In case of the second type - doing parts of the sum in parallel - there are some examples of doing this in Fortran. For example Damian @rouson has worked on an “Abstract Calculus Pattern”, where you build a mini “operator” language, such as:

class(tensor):: ut, u
real :: nu = 1.0
ut = nu ∗ (.laplacian.u) − (u.dot.(.grad.u))

Although simple in appearance, the operators hide an asynchronous parallel execution, as shown by this figure copied from his article:

That would be desirable, IMO, and the workaround above using the kt as temporary storage achieves this. I assume the author of rklib is using it on problems of modest size, where memory or performance may not be such a concern.

In itself, it doesn’t. The point here is that BLAS routines take contiguous arrays as arguments, your initial arrays are contiguous by design, so what you want is avoid any temporary copy in between. In principle, a smart enough compiler should be able to avoid any copy as long as you pass the entire arrays (i.e. no array section and no expression), but you have to rely on the compiler.

What I don’t understand in your case if why introducing the contiguous attribute seem to trigger temporary copies that were existing before (?)…

Memory mapped files would be desirable in Fortran IMO, but 1) they have a performance penalty, and 2) I can’t see how it would help here

Ultimately, we shouldn’t forget the bigger picture. What is the goal of the computation? Where is the bottleneck?

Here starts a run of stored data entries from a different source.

-- ===== src/Server/Operator/Dispatch.antt =====
-- `OperatorDispatch` of server/operator.go.
use net_cat.Base.{
  Bytes, codes, bytes_eq, trim_space, [], ◌∷◌, ◌++◌, Option, none, some, if◌then◌else◌,
}
use net_cat.Base.Assoc.{Assoc, lookup}
use net_cat.Cmd.{CommandDef, commands, parse_command}
use net_cat.Server.{Server, Now, is_shutting_down}
use net_cat.Server.Operator.{
  operator_send, operator_cmd_list, operator_cmd_help, operator_cmd_rooms, operator_cmd_kick,
  operator_cmd_ban, operator_cmd_mute, operator_cmd_unmute, operator_cmd_announce,
  operator_cmd_promote, operator_cmd_demote,
}

inapplicable : Bytes → Bytes
inapplicable name =
    codes "The /" ++ (name ++ codes " command is not applicable to the server operator.\n")

-- `operatorInapplicableCommands`.
unfoldable pub operator_inapplicable_commands : Assoc Bytes
unfolding inapplicable
operator_inapplicable_commands =
    (codes "quit", inapplicable (codes "quit"))
    ∷ (codes "name", inapplicable (codes "name"))
    ∷ (codes "whisper", inapplicable (codes "whisper"))
    ∷ (codes "switch", inapplicable (codes "switch"))
    ∷ (codes "create", inapplicable (codes "create"))
    ∷ []

-- `operatorCommandHandlers`.
unfoldable pub operator_command_handlers : Assoc (Now → Bytes → Server → Server)
operator_command_handlers =
    (codes "list", λ now args. operator_cmd_list now)
    ∷ (codes "help", λ now args. operator_cmd_help)
    ∷ (codes "rooms", λ now args. operator_cmd_rooms)
    ∷ (codes "kick", operator_cmd_kick)
    ∷ (codes "ban", operator_cmd_ban)
    ∷ (codes "mute", operator_cmd_mute)
    ∷ (codes "unmute", operator_cmd_unmute)
    ∷ (codes "announce", operator_cmd_announce)
    ∷ (codes "promote", operator_cmd_promote)
    ∷ (codes "demote", operator_cmd_demote)
    ∷ []

unfoldable pub run_operator_handler :
    Option (Now → Bytes → Server → Server) → Now → Bytes → Bytes → Server → Server
run_operator_handler none now cmd_name args s =
    operator_send (codes "Unknown command: /" ++ (cmd_name ++ codes ".\n")) s
run_operator_handler (some handler) now cmd_name args s = handler now args s

unfoldable pub run_applicable : Option Bytes → Now → Bytes → Bytes → Server → Server
unfolding run_operator_handler
run_applicable (some message) now cmd_name args s = operator_send message s
run_applicable none now cmd_name args s =
    run_operator_handler (lookup cmd_name operator_command_handlers) now cmd_name args s

unfoldable pub run_known : Option CommandDef → Now → Bytes → Bytes → Server → Server
unfolding run_applicable
run_known none now cmd_name args s =
    operator_send
      (codes "Unknown command: /" ++ (cmd_name ++ codes ". Use /help to see available commands.\n"))
      s
run_known (some def) now cmd_name args s =
    run_applicable (lookup cmd_name operator_inapplicable_commands) now cmd_name args s

unfoldable pub run_parsed : Option (Bytes × Bytes) → Now → Server → Server
unfolding run_known
run_parsed none now s =
    operator_send (codes "Commands must start with /. Use /help to see available commands.\n") s
run_parsed (some (cmd_name, args)) now s = run_known (lookup cmd_name commands) now cmd_name args s

unfoldable pub operator_dispatch : Now → Bytes → Server → Server
unfolding run_parsed
operator_dispatch now input s =
    if bytes_eq (trim_space input) []
    then s
    else run_parsed (parse_command (trim_space input)) now s

-- `StartOperator`: the lines that its scanner reads, each at the time of its reading and on what
-- the server is by then; `none` once the server shuts down.
unfoldable pub operator_round : Now → Bytes → Server → Option Server
operator_round now line s = if is_shutting_down s then none else some (operator_dispatch now line s)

Even if your rungekutta routine is written optimally, maybe the bulk of the runtime is in the place which forms the (sparse) matrix func. Maybe you could relax the accuracy a bit and pick a larger dt value. Maybe you could ask a friend to run the program on a machine with a higher clock speed and more suitable instruction set. Perhaps you could use a different algorithm entirely, with spectral properties that are better suited to your problem. Maybe even a short-cut calculation exists. If it’s a one-time calculation, perhaps you can just wait a little bit longer, and do something else meanwhile.

On a forum like this one, I’d usually assume all of these options have been exhausted already. Still it would be a good idea to do some profiling of the program, and determine if this is the spot where you can make the maximum impact. From what you’ve described so far, if you’d like to scale the problem to bigger N (so called weak scaling), then using sparse matrices will in principle scale as O(cN), whereas your current dense solution is O(N^2), both in terms of work and storage. Depending on the pre-factor c, there is probably a break-point where sparsity will provide an advantage.

contiguous forces the arrays to be contiguous in memory? Otherwise, the array can be distributed across the entire available memory.

My problem is two fold:
(1) How do I use BLAS routines to perform matrix-vector operations efficiently.
(2) How can scale such code to handle matrix sizes of the order \approx 10^5- 10^6

Yes indeed! In orbital mechanics, typically the state is only 6 elements (position and velocity) and sometimes a few more. I would be interested in any suggestions for this library if any changes would make it better for integrating much larger systems.